The conversations you have must end awkwardly.


----------



## tom67

LongWalk said:


> All that trouble outfitting your other house for separation was only temporary for a month? I don't remember you writing that before. Sounds like a revision on her part or rather she had an idea that she needed freedom to date and figure out her own mind and then maybe rescue your marriage, but she never coherently shared those thoughts with you. It was never clear in her own mind.
> 
> But now she is speaking as if your divorce was a mistake and mostly due to your inability to show some patience?
> 
> She may half believe this but the bottom line is that her attachment to you is deep but incomplete. How much of a dollar bill can you tear before it is no longer accepted. She slowly ripped your relationship in half and expected some miracle to make it whole.
> 
> The conversations you have must end awkwardly.


I remember she was so abstract and half in half out it was painful to read.
Well more depressing.
But that is water over the bridge.


----------



## Kolors

Yea she totally puts it on me now since I just moved out and moved on. After she said she wanted to be divorced about ten times. After she told me she hated me over and over.

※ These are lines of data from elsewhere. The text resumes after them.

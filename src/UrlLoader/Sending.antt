-- ===== src/UrlLoader/Sending.antt =====
-- What url_loader_open_ptac of src/ppb_url_loader.c asks the browser for, on the browser's thread.
-- The calls of the browser, and the files of a body, are parameters.
pub mod Requests
pub mod Trimmed
use freshplayerplugin.Base.{
  ℕ, Bool, true, false, not, ◌||◌, Option, none, some, List, [], ◌∷◌, ◌++◌, reverse, ◌==◌,
  if◌then◌else◌, Bytes, codes, ◌>>=◌,
}
use freshplayerplugin.NetAddress.{print_from}
use freshplayerplugin.UrlRequest.{Method, post_method, PostItem}
use freshplayerplugin.UrlRequest.PostData.{FileInfo, post_data_get_all_item_length}
use freshplayerplugin.UrlRequest.PostData.Writing.{Readable, write_items}

-- A call of NPN_PostURL, NPN_PostURLNotify, NPN_GetURL or NPN_GetURLNotify; the notify data of the
-- second and the fourth is the handle of the loader.
pub data Sent : Type 0 where
  post_url : (url target : Option Bytes) → (body : Bytes) → Sent
  post_url_notify : (url : Option Bytes) → (body : Bytes) → (loader : ℕ) → Sent
  get_url : (url target : Option Bytes) → Sent
  get_url_notify : (url : Option Bytes) → (loader : ℕ) → Sent

-- `struct url_loader_open_param_s`, less what its caller keeps of the message loop
pub record OpenParam : Type 0 where
  pub url : Option Bytes
  pub loader : ℕ
  pub method : Method
  pub request_headers : Option Bytes
  pub custom_referrer_url : Option Bytes
  pub custom_content_transfer_encoding : Option Bytes
  pub custom_user_agent : Option Bytes
  pub target : Option Bytes
  pub post_data : Option (List PostItem)

abbrev pub is_newline : ℕ → Bool
is_newline c = c == 10 || c == 13

unfoldable pub skip_newlines : Bytes → Bytes
skip_newlines [] = []
skip_newlines (c ∷ s) = if is_newline c then skip_newlines s else c ∷ s

-- The loop runs from the end of the string.
unfoldable pub trim_nl : Bytes → Bytes
unfolding skip_newlines
trim_nl s = reverse (skip_newlines (reverse s))

abbrev pub newline : Bytes
newline = 13 ∷ 10 ∷ []

-- `g_string_append_printf(buf, "<name>%s\r\n", value)` if there is a value, with `need_newline`
abbrev pub add_line : Bytes → Option Bytes → Bytes × Bool → Bytes × Bool
add_line name none buf = buf
add_line name (some value) buf = (buf.0 ++ (name ++ (value ++ newline)), true)

-- `"%" PRIu64`; twenty digits are enough
abbrev pub print_size : ℕ → Bytes
print_size n = print_from 20 10 n []

unfoldable pub header_lines : OpenParam → Bytes × Bool
header_lines p = add_line (codes "User-Agent: ") p.custom_user_agent (
    add_line (codes "Content-Transfer-Encoding: ") p.custom_content_transfer_encoding (
      add_line (codes "Referer: ") p.custom_referrer_url
        (add_line [] p.request_headers ([], false))))

unfoldable pub add_length : ℕ → Bytes × Bool → Bytes × Bool
unfolding print_from
add_length post_len buf =
    if post_len == 0
    then buf
    else add_line (codes "Content-Length: ") (some (print_size post_len)) buf

unfoldable pub end_headers : Bytes × Bool → Bytes
end_headers buf = if buf.1 then buf.0 ++ newline else buf.0

module _ (query : ℕ → Option FileInfo) (same_time : ℕ → ℕ → Bool) (open_file : ℕ → Option Readable)
    (rounds : ℕ) where
  -- `none` inside is the jump to `err`, and outside a loop over a file that does not end in the
  -- rounds.
  abbrev pub with_body : List PostItem → Bytes × Bool → Option ℕ → Option (Option Bytes)
  with_body items buf none = some none
  with_body items buf (some post_len) = do
    body ←
        write_items query same_time open_file rounds items (end_headers (add_length post_len buf))
    some (some body)

  unfoldable pub post_buffer : OpenParam → Option (Option Bytes)
  unfolding header_lines add_length end_headers
  post_buffer p = elim p.post_data [
    | none ↦ some (some (end_headers (header_lines p)))
    | some items ↦
        with_body items (header_lines p) (post_data_get_all_item_length query same_time items)
  ]

  module _ (browser : Sent → ℕ) where
    -- a call with its result
    abbrev pub call : Sent → Option ℕ × List Sent
    call sent = (some (browser sent), sent ∷ [])

    abbrev pub post : OpenParam → Option Bytes → Option ℕ × List Sent
    post p none = (none, [])
    post p (some buf) = elim p.target [
      | none ↦ call (post_url_notify p.url buf p.loader)
      | some target ↦ call (post_url p.url (some target) buf)
    ]

    abbrev pub get : OpenParam → Option ℕ × List Sent
    get p = elim p.target [
      | none ↦ call (get_url_notify p.url p.loader)
      | some target ↦ call (get_url p.url (some target))
    ]

    abbrev pub invalid_instance_error : ℕ
    invalid_instance_error = 2

    abbrev pub is_post : Method → Bool
    is_post post_method = true
    is_post _ = false

    -- The value of `p->retval`, which is not set before, and what was asked for. The Boolean is that
    -- the instance is alive.
    unfoldable pub url_loader_open_ptac : Bool → OpenParam → Option (Option ℕ × List Sent)
    unfolding post_buffer
    url_loader_open_ptac alive p =
        let posted = (do buf ← post_buffer p; some (post p buf)) in
        if not alive
        then some (some invalid_instance_error, [])
        else if is_post p.method
        then posted
        else some (get p)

She more acts like the divorce is a surprise. Never saw it actually going to happen.

Ive often felt like she was going to test the waters with the guy she is hooked up with right now and then jump back to me when it failed.


----------



## tom67

Kolors said:


> Yea she totally puts it on me now since I just moved out and moved on. After she said she wanted to be divorced about ten times. After she told me she hated me over and over.
> 
> She more acts like the divorce is a surprise. Never saw it actually going to happen.
> 
> Ive often felt like she was going to test the waters with the guy she is hooked up with right now and then jump back to me when it failed.


If the kids ask you when they are older just say she wanted out.


----------



## LongWalk

LostLove's wife never filed for divorce. She just wanted to separate. Not have sex with him while going through 4 or 5 other men. She did not keep them secret very well because she was indiscrete and even dumped the info on him when she was melting down because these STR did not become meaningful. And when he finally pulled the plug and sought divorce she dragged her feet.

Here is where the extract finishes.